Exercise instructions: Transcribe the stretch of entries below from the line with "merge-IsChain : (text" through the line with "let same : suc", exactly and with both ends included; leave out all other lines.

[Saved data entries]
=======
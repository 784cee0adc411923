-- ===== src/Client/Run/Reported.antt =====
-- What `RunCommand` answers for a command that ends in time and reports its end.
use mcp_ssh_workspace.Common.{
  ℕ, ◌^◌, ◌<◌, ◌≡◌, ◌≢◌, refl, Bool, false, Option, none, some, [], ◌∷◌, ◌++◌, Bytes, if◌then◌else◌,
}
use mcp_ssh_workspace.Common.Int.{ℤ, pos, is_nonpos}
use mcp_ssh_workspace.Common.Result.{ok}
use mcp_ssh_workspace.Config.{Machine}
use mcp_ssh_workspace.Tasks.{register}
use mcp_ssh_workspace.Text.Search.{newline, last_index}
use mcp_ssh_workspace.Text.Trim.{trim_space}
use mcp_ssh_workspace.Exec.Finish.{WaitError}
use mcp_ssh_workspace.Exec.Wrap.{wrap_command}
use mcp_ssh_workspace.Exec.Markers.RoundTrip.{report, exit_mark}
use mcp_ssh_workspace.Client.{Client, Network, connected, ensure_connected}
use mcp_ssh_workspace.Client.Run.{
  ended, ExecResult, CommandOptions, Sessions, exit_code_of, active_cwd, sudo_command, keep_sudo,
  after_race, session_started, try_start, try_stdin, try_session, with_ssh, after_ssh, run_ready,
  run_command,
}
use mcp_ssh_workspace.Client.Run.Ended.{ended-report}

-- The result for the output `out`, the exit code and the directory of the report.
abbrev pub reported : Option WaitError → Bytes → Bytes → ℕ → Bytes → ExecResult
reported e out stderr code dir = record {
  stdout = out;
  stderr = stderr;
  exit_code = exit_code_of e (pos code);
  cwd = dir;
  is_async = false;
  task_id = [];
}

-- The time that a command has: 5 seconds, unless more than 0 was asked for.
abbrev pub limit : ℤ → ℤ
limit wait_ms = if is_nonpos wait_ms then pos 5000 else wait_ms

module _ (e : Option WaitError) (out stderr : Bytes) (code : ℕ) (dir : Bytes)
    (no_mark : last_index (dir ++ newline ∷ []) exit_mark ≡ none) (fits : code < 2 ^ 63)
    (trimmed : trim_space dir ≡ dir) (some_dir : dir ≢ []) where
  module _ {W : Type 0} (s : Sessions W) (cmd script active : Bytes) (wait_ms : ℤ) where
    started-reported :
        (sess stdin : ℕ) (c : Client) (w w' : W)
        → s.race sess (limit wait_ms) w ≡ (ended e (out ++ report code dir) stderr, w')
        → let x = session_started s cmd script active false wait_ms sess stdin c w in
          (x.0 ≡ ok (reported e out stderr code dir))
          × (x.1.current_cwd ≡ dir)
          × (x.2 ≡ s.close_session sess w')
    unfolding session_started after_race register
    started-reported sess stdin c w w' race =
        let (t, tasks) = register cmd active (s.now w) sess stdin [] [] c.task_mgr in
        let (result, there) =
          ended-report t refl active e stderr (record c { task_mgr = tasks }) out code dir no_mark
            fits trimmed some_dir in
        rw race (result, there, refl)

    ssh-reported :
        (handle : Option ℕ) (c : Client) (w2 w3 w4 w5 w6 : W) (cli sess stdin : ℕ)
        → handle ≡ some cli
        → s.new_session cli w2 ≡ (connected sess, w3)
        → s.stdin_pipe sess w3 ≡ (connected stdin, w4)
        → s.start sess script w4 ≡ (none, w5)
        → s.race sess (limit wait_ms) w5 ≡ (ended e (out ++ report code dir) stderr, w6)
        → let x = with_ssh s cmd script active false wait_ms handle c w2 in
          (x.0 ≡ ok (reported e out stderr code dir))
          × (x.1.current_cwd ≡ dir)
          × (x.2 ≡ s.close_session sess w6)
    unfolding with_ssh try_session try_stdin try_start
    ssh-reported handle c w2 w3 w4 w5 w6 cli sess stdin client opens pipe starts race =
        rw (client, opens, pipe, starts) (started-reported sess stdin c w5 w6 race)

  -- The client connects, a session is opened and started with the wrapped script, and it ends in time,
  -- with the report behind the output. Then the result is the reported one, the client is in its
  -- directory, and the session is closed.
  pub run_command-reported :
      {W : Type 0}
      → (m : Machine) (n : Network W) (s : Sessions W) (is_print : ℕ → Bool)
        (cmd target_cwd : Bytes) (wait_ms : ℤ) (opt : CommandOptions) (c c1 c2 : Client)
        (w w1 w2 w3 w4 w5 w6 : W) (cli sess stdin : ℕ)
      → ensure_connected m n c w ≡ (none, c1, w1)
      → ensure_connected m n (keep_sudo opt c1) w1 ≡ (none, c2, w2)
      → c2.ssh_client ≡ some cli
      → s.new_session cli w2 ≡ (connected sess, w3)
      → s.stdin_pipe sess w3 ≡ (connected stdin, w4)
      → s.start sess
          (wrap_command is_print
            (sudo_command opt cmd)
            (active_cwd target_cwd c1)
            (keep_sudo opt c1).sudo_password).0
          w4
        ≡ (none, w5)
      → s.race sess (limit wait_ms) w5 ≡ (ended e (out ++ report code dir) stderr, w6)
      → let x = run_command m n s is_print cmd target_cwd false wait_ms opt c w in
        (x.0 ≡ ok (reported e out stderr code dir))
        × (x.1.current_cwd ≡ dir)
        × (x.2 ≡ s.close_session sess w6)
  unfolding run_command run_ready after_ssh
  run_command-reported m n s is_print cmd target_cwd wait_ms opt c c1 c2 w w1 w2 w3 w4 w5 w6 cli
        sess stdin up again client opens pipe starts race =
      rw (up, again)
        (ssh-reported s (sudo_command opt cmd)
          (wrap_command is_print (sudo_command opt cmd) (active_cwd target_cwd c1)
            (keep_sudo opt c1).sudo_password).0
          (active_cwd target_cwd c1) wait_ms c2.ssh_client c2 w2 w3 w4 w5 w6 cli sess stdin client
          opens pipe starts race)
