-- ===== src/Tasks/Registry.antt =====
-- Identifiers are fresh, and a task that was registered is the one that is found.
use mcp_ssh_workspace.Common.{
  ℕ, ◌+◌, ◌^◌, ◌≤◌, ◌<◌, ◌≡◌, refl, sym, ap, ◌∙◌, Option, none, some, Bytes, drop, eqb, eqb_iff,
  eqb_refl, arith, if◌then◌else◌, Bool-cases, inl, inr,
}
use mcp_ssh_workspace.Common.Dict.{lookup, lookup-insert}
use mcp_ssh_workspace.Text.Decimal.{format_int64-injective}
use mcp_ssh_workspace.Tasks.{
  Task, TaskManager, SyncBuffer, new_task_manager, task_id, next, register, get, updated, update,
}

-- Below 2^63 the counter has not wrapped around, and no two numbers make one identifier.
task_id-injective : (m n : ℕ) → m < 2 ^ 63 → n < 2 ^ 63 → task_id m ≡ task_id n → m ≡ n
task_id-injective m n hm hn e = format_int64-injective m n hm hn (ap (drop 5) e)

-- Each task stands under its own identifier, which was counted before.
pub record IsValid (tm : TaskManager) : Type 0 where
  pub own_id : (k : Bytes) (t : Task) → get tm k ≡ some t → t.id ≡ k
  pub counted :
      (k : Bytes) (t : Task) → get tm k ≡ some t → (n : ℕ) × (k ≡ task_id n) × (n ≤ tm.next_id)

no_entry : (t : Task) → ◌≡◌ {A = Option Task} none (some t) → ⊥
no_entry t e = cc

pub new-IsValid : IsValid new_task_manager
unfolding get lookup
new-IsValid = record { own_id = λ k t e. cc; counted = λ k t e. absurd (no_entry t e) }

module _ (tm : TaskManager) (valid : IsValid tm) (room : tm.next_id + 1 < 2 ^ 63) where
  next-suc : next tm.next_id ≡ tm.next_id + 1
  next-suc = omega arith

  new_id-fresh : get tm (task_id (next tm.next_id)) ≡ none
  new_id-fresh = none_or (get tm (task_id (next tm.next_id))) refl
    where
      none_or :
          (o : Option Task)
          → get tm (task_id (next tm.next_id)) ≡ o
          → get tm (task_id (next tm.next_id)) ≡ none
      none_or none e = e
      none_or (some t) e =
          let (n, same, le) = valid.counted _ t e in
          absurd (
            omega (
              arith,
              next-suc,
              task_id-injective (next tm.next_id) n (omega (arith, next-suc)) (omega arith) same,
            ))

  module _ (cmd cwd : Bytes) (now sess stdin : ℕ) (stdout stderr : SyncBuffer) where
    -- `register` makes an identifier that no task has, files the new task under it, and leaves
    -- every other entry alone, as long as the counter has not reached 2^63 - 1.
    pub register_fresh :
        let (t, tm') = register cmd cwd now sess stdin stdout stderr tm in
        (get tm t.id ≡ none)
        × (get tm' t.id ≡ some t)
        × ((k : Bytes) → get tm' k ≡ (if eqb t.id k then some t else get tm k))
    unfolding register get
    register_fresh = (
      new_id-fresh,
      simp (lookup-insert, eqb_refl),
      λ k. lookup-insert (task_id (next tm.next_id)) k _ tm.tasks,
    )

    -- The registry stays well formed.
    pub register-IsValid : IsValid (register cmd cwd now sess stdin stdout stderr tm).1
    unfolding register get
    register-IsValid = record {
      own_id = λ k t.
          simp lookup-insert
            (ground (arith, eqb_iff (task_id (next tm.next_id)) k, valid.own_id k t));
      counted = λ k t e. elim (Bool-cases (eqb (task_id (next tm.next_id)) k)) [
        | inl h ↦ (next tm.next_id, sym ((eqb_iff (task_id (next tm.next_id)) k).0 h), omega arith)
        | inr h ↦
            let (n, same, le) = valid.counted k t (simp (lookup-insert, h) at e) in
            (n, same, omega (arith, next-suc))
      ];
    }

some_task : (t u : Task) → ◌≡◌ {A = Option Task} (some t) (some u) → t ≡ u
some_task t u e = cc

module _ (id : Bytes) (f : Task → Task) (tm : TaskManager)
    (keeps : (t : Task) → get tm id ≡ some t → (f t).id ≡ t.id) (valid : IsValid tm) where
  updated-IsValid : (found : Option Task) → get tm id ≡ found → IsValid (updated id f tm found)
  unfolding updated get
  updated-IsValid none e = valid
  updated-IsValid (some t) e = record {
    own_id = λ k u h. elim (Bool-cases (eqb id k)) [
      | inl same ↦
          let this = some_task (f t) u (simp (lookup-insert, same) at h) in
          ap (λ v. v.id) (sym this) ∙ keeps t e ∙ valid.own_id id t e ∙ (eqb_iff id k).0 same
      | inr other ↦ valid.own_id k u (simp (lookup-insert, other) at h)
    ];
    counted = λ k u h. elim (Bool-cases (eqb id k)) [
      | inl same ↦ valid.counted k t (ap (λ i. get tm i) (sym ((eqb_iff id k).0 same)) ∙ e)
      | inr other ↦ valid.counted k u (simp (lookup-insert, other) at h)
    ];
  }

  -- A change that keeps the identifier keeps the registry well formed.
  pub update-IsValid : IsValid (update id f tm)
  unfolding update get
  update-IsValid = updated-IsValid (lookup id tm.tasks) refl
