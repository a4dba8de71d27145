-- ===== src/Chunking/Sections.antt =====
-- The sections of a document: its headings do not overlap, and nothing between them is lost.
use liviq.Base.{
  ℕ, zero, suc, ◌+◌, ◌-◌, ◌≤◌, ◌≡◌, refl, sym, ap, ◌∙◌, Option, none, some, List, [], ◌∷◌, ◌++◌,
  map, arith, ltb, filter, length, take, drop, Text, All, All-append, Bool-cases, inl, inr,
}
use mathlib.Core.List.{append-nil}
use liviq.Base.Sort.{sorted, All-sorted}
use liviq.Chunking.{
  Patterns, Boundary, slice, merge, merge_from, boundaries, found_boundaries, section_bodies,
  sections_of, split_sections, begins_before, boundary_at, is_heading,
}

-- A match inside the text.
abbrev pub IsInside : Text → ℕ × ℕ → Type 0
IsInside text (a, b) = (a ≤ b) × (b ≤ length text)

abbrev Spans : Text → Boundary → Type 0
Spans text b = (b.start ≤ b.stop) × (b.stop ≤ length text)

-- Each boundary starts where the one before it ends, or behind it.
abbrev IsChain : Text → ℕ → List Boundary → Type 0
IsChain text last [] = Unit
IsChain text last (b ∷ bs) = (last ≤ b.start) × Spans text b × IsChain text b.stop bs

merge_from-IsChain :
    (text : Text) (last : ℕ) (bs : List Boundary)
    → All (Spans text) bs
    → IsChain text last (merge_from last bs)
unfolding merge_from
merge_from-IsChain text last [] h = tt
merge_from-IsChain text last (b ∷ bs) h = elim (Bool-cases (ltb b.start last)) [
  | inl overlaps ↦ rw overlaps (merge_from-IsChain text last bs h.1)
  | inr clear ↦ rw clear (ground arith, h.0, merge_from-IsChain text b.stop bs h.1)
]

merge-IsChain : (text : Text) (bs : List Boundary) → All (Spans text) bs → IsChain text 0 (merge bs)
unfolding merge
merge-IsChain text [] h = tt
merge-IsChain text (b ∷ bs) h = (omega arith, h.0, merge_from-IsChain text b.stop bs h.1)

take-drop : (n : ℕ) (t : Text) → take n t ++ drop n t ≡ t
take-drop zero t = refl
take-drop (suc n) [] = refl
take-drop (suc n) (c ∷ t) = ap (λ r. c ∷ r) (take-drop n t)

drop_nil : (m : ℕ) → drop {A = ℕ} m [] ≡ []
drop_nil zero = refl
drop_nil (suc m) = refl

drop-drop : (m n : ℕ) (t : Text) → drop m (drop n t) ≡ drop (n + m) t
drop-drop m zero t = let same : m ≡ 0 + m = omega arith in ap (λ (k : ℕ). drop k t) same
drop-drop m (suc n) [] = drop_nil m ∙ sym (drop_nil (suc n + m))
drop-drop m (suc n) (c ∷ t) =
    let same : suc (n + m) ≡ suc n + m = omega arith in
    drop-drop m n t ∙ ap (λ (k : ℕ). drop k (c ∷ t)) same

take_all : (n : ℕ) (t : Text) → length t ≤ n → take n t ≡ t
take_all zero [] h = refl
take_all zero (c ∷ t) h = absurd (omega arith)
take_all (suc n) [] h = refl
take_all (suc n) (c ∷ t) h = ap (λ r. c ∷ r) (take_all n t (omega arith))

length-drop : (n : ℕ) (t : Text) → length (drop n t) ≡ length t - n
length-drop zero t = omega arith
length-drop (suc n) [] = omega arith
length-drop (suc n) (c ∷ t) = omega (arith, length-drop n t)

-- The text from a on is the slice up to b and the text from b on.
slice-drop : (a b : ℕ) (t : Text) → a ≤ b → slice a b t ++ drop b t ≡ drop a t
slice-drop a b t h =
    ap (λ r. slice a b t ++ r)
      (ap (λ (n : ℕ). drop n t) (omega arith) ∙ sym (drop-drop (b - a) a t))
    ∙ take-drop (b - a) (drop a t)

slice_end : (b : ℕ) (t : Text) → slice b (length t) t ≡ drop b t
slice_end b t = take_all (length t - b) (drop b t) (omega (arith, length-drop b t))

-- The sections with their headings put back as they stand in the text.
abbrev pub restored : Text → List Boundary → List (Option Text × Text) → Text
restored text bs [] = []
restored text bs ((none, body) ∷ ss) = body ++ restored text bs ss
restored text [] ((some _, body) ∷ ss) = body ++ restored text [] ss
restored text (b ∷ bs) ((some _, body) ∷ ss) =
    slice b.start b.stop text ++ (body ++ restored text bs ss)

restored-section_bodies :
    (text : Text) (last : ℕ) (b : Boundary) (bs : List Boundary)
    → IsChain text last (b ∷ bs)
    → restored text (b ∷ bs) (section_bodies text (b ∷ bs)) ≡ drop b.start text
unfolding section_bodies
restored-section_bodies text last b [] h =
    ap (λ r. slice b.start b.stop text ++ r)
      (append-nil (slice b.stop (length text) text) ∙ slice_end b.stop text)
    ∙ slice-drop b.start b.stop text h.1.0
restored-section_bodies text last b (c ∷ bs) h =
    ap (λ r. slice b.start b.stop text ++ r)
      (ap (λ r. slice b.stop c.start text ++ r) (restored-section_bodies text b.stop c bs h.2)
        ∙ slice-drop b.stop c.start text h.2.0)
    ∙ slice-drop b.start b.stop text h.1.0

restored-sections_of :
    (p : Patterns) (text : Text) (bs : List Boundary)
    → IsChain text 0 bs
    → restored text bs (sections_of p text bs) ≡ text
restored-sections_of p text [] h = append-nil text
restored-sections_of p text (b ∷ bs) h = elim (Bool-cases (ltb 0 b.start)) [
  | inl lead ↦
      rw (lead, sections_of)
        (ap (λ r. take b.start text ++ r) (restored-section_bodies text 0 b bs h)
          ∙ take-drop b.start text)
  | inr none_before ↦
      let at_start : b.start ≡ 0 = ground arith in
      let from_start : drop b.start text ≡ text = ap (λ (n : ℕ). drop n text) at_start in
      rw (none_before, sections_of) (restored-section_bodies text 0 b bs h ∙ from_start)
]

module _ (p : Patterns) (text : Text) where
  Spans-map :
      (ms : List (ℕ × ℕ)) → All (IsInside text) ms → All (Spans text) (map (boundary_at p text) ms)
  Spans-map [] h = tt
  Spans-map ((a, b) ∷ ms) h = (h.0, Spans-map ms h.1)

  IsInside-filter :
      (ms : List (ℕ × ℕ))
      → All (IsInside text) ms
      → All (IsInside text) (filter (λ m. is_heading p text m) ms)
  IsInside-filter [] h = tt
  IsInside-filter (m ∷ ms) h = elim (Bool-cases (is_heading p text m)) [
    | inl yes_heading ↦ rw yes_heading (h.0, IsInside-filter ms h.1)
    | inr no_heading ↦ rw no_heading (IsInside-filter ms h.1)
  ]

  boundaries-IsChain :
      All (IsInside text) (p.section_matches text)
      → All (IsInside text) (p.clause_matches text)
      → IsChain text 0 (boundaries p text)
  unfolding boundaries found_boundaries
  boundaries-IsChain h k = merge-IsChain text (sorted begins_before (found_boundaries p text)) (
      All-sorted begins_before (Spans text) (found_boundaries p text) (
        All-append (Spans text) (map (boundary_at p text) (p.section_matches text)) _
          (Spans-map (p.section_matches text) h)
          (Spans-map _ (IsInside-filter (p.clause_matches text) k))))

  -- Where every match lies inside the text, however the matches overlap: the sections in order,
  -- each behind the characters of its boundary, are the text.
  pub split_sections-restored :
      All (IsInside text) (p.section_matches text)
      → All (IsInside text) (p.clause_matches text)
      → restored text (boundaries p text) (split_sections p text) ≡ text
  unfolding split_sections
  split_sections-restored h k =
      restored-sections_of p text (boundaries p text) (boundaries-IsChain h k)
=======
Output for this task:
merge-IsChain : (text : Text) (bs : List Boundary) → All (Spans text) bs → IsChain text 0 (merge bs)
unfolding merge
merge-IsChain text [] h = tt
merge-IsChain text (b ∷ bs) h = (omega arith, h.0, merge_from-IsChain text b.stop bs h.1)

take-drop : (n : ℕ) (t : Text) → take n t ++ drop n t ≡ t
take-drop zero t = refl
take-drop (suc n) [] = refl
take-drop (suc n) (c ∷ t) = ap (λ r. c ∷ r) (take-drop n t)

drop_nil : (m : ℕ) → drop {A = ℕ} m [] ≡ []
drop_nil zero = refl
drop_nil (suc m) = refl

drop-drop : (m n : ℕ) (t : Text) → drop m (drop n t) ≡ drop (n + m) t
drop-drop m zero t = let same : m ≡ 0 + m = omega arith in ap (λ (k : ℕ). drop k t) same
drop-drop m (suc n) [] = drop_nil m ∙ sym (drop_nil (suc n + m))
drop-drop m (suc n) (c ∷ t) =
    let same : suc (n + m) ≡ suc n + m = omega arith in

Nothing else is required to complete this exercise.